Task requirements |
Verbatim, and with nothing else, reproduce the data below from its first line through the line containing "at_least none minimum = false".

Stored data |
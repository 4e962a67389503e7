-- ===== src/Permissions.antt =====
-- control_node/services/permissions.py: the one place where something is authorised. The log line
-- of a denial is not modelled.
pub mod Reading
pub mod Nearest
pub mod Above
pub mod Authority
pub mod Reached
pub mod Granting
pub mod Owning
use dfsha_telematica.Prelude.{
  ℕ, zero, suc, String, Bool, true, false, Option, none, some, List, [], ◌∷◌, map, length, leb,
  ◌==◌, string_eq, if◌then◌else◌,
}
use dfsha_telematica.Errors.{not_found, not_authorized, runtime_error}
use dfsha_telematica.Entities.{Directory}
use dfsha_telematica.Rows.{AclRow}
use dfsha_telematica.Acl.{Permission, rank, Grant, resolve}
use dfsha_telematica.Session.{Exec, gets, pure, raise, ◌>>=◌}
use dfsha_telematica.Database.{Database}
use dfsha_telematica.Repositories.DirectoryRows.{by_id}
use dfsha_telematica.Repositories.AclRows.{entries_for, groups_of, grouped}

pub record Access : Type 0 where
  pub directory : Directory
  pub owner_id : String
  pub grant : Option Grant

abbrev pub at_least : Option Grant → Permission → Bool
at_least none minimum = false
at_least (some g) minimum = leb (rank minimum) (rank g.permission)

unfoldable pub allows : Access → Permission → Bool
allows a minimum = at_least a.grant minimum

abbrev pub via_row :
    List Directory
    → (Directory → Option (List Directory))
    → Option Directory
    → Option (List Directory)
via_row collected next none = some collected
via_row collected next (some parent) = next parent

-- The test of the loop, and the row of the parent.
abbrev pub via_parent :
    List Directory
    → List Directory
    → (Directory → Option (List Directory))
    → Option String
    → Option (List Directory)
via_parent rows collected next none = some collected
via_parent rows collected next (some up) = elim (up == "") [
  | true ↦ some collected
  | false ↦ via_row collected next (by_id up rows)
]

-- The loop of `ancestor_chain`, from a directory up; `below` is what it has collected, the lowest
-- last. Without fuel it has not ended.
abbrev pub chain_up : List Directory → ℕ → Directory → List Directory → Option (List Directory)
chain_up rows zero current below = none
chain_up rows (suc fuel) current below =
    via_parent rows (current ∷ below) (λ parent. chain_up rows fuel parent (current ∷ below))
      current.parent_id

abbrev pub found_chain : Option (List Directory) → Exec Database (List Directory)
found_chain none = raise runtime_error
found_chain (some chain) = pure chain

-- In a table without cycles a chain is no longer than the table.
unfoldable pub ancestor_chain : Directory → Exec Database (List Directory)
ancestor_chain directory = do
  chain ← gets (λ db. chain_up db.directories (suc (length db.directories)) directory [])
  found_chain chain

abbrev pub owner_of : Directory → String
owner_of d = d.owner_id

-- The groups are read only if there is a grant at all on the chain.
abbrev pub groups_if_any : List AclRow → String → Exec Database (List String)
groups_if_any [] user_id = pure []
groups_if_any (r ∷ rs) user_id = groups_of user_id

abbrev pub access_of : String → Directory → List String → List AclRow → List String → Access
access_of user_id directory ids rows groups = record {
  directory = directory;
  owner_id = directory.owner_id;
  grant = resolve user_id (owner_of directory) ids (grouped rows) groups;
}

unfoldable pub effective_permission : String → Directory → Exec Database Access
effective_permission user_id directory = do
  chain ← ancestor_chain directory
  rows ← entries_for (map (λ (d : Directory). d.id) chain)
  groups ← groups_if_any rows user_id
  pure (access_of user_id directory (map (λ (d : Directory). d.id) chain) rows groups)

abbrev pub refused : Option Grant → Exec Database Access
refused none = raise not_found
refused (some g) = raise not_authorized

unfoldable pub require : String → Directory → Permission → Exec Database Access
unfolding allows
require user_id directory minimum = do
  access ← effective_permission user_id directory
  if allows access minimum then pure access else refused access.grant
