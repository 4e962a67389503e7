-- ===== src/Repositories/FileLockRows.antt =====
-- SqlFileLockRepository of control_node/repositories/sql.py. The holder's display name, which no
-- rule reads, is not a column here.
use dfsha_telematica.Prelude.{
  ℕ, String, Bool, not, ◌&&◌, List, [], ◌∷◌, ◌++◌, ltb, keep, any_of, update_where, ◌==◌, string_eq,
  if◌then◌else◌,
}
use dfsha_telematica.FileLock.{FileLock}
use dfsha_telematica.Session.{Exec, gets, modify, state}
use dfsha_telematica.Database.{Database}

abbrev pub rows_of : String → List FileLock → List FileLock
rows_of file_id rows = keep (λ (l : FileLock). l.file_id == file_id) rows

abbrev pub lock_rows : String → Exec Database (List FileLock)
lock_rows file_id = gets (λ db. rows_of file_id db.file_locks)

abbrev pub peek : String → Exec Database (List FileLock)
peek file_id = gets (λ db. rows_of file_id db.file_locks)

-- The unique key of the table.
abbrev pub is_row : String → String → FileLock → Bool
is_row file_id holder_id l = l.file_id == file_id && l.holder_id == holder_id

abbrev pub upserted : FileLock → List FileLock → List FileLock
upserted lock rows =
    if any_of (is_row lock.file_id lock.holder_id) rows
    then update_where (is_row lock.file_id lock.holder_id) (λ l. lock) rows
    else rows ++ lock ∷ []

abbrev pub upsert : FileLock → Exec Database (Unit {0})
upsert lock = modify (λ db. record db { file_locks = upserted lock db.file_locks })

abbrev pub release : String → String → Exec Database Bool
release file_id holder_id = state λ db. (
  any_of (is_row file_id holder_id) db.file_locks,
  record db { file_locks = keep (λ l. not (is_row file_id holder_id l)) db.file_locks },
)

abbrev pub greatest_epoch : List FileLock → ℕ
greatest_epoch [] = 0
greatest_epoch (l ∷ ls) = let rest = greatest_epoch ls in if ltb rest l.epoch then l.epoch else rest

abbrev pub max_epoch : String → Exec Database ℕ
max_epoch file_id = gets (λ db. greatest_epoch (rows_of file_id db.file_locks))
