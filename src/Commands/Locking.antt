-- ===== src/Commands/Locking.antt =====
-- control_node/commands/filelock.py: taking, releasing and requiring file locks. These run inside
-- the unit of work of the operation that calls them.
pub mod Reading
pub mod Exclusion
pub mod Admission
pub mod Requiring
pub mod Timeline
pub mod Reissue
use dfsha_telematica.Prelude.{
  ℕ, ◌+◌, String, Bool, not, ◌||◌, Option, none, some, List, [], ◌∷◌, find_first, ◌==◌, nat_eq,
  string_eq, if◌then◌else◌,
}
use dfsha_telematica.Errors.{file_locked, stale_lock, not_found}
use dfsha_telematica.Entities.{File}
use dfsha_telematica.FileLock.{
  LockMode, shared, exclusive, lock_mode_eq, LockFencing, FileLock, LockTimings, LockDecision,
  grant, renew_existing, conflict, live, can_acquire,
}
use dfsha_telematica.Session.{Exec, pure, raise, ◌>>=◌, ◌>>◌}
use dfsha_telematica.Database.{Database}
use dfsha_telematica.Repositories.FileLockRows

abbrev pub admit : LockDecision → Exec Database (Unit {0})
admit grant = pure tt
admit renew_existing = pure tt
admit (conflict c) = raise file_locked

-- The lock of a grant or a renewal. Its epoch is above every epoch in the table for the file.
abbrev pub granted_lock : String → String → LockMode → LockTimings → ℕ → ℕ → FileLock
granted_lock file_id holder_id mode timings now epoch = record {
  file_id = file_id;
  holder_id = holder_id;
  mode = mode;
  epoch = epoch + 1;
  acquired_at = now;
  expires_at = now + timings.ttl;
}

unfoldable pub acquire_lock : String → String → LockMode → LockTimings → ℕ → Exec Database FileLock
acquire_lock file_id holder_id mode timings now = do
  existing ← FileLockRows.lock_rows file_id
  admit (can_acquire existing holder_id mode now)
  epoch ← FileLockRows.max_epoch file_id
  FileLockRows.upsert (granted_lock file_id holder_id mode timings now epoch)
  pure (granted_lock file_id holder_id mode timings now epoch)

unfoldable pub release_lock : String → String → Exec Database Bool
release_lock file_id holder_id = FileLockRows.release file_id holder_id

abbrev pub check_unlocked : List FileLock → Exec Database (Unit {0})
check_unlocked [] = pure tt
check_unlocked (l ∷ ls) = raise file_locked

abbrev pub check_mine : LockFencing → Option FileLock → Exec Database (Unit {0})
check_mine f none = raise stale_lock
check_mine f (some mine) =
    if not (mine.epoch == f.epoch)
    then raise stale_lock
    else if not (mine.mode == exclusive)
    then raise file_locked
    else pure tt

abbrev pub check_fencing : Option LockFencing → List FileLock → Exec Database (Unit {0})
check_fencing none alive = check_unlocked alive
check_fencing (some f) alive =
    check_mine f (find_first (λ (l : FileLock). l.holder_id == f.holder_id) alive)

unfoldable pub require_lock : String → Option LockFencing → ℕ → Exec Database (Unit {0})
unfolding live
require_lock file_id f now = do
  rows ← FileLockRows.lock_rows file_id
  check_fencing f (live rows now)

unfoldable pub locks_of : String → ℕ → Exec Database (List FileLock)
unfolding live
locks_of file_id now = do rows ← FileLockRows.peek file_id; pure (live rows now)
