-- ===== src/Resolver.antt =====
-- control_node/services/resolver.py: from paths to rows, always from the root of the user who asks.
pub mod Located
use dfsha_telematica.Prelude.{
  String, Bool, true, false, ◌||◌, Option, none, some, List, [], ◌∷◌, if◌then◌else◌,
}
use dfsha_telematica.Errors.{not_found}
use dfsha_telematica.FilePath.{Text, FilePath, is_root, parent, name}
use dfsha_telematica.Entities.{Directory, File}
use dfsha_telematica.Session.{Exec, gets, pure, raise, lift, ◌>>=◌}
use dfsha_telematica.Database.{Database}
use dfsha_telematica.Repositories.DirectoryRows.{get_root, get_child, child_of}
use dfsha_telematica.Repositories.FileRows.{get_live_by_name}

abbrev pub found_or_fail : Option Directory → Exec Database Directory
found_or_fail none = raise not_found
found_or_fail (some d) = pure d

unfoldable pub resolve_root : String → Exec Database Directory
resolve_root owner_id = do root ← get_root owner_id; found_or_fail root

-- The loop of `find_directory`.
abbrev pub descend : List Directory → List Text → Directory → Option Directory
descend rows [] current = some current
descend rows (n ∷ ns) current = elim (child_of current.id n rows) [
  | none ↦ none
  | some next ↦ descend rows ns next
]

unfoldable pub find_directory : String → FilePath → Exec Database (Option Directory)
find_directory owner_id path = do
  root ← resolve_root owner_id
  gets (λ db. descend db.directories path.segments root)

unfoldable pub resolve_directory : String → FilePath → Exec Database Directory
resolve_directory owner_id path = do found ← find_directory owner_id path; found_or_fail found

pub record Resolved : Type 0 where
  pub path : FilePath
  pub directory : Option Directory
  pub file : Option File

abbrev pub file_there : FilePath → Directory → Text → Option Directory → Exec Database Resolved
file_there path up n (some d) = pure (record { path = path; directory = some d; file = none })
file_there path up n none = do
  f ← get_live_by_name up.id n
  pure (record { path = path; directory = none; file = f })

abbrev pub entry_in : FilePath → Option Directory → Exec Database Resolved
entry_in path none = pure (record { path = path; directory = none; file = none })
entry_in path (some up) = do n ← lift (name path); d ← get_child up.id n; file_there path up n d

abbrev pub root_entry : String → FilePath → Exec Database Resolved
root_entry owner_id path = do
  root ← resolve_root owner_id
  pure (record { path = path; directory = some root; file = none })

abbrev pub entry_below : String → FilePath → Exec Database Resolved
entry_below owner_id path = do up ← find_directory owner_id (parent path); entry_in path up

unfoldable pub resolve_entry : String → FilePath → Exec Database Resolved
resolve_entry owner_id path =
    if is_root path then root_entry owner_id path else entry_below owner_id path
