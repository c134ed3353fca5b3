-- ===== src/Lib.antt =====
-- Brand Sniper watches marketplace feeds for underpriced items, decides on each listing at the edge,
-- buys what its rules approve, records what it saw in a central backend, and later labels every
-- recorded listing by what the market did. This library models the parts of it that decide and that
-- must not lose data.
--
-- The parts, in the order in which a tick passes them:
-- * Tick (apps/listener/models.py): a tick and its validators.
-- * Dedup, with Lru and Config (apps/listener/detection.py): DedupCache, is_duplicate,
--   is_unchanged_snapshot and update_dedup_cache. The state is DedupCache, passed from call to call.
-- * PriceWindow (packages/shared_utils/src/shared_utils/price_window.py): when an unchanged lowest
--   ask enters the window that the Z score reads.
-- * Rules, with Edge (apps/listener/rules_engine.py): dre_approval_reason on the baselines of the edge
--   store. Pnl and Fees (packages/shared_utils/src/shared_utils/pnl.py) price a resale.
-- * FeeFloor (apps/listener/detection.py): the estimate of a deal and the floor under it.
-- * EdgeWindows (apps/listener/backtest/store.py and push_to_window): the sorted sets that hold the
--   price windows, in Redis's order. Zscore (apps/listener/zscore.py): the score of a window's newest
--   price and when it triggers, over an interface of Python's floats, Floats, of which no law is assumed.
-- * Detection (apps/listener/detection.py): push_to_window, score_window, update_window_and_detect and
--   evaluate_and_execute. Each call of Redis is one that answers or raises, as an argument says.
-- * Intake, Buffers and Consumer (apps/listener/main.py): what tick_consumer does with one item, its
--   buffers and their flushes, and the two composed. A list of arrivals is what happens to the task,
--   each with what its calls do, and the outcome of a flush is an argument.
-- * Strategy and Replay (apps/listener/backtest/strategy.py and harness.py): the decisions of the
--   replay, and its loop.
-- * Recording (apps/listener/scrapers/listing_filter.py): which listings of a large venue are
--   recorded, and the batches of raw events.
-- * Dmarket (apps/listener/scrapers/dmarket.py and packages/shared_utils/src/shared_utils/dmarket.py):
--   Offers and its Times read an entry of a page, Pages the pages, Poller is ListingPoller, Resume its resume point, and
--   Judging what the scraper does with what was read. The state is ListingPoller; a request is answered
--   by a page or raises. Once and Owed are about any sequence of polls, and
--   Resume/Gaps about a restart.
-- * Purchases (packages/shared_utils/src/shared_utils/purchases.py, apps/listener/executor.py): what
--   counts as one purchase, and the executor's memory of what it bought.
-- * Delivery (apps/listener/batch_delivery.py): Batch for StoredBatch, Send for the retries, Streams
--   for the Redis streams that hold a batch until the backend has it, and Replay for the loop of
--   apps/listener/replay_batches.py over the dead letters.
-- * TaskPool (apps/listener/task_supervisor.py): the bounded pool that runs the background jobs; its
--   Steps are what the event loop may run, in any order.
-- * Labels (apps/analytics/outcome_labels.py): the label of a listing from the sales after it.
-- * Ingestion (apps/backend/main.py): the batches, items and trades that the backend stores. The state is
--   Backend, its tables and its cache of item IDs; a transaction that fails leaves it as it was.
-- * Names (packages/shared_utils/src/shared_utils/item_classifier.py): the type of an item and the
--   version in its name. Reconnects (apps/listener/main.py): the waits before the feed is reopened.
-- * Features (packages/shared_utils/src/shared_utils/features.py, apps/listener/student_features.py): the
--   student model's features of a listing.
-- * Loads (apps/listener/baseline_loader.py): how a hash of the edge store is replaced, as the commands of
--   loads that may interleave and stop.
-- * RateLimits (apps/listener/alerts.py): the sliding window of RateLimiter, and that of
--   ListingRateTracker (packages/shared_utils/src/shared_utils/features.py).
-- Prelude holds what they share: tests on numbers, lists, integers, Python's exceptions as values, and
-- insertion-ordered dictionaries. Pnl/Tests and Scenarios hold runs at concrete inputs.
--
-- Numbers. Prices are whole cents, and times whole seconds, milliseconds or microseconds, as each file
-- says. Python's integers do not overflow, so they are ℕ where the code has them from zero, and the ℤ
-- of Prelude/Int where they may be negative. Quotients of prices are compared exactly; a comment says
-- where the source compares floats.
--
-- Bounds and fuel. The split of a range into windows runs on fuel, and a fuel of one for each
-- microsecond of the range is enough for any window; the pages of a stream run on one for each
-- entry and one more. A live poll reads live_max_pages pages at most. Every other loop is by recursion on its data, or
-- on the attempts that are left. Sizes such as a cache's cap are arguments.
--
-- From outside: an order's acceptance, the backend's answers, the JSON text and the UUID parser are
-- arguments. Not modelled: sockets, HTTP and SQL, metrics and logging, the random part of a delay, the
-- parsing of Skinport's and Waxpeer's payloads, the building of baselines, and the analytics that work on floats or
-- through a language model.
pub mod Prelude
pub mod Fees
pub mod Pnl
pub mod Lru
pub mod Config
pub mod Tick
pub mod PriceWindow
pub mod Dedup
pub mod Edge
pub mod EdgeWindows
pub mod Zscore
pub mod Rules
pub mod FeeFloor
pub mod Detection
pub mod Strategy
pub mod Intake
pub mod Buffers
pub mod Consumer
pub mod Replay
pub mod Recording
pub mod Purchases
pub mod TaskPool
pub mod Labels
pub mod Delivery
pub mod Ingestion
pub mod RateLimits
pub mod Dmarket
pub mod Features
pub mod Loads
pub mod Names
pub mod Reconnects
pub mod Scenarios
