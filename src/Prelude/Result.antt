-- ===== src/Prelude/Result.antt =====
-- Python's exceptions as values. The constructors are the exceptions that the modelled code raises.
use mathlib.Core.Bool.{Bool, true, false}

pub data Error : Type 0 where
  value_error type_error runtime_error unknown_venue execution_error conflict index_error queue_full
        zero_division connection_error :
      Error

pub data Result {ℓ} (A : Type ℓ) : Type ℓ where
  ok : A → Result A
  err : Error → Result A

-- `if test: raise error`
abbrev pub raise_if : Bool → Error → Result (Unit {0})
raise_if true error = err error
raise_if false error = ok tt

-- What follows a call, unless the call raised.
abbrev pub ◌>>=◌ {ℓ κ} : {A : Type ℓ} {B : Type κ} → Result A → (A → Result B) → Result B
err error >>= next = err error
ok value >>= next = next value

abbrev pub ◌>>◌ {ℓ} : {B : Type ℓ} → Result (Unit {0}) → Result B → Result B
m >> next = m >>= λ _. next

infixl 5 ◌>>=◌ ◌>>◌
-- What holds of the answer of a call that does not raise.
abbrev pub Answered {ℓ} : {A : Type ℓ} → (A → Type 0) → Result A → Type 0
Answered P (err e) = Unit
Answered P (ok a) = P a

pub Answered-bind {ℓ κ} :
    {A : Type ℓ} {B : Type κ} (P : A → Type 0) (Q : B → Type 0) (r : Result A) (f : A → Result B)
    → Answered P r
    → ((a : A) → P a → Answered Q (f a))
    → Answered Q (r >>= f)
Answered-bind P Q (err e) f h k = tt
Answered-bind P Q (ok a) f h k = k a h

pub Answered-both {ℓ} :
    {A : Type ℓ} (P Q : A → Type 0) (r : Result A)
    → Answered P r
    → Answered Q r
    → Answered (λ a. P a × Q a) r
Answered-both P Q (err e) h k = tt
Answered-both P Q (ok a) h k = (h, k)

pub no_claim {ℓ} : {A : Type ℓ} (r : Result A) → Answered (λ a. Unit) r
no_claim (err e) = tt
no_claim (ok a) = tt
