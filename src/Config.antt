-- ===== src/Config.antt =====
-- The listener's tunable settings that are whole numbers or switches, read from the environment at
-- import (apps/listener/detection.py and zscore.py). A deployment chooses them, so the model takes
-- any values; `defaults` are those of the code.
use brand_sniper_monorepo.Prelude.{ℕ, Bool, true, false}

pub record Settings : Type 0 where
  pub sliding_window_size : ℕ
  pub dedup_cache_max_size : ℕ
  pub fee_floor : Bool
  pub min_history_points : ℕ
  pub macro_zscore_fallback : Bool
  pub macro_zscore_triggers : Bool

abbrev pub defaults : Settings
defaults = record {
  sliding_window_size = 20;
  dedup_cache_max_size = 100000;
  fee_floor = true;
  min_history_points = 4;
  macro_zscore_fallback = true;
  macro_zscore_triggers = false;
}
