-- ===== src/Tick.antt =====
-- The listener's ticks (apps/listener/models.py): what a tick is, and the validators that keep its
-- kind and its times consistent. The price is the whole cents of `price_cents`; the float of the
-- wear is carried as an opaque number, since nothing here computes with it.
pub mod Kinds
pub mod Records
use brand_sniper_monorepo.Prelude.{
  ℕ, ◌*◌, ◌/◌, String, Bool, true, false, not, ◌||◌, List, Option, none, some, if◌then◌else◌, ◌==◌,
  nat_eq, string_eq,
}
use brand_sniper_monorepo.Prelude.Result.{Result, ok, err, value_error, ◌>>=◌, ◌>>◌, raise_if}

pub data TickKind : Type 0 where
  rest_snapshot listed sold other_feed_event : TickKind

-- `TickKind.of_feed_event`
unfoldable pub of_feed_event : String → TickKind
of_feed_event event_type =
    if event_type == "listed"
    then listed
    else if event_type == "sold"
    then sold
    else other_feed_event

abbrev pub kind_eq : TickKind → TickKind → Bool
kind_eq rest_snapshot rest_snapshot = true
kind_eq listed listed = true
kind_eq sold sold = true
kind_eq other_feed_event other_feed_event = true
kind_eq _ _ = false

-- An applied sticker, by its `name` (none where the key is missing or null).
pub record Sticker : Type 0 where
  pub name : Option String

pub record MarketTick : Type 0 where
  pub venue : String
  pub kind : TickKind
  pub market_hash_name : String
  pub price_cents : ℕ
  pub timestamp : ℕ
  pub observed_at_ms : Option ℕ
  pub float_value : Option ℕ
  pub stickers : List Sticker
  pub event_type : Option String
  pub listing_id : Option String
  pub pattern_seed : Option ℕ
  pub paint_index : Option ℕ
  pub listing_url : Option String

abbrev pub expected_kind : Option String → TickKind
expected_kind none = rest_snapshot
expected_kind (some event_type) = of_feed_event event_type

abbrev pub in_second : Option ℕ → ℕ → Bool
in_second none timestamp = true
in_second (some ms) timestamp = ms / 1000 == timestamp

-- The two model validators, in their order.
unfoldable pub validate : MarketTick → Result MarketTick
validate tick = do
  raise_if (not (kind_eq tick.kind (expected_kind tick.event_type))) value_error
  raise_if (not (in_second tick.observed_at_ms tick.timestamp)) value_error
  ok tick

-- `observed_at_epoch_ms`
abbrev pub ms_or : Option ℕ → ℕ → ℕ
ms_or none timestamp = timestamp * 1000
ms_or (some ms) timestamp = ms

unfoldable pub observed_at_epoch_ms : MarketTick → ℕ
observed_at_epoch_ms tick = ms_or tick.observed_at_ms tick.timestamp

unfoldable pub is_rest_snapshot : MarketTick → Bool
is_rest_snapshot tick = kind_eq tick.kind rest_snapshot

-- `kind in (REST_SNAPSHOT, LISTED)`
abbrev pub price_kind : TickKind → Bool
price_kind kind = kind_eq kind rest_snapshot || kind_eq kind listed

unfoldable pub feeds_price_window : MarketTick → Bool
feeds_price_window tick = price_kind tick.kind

Response below |
repository 4e962a67389503e7
-- ===== src/Permissions.antt =====
-- control_node/services/permissions.py: the one place where something is authorised. The log line
-- of a denial is not modelled.
pub mod Reading
pub mod Nearest
pub mod Above
pub mod Authority
pub mod Reached
pub mod Granting
pub mod Owning
use dfsha_telematica.Prelude.{
  ℕ, zero, suc, String, Bool, true, false, Option, none, some, List, [], ◌∷◌, map, length, leb,
  ◌==◌, string_eq, if◌then◌else◌,
}
use dfsha_telematica.Errors.{not_found, not_authorized, runtime_error}
use dfsha_telematica.Entities.{Directory}
use dfsha_telematica.Rows.{AclRow}
use dfsha_telematica.Acl.{Permission, rank, Grant, resolve}
use dfsha_telematica.Session.{Exec, gets, pure, raise, ◌>>=◌}
use dfsha_telematica.Database.{Database}
use dfsha_telematica.Repositories.DirectoryRows.{by_id}
use dfsha_telematica.Repositories.AclRows.{entries_for, groups_of, grouped}

pub record Access : Type 0 where
  pub directory : Directory
  pub owner_id : String
  pub grant : Option Grant

abbrev pub at_least : Option Grant → Permission → Bool
at_least none minimum = false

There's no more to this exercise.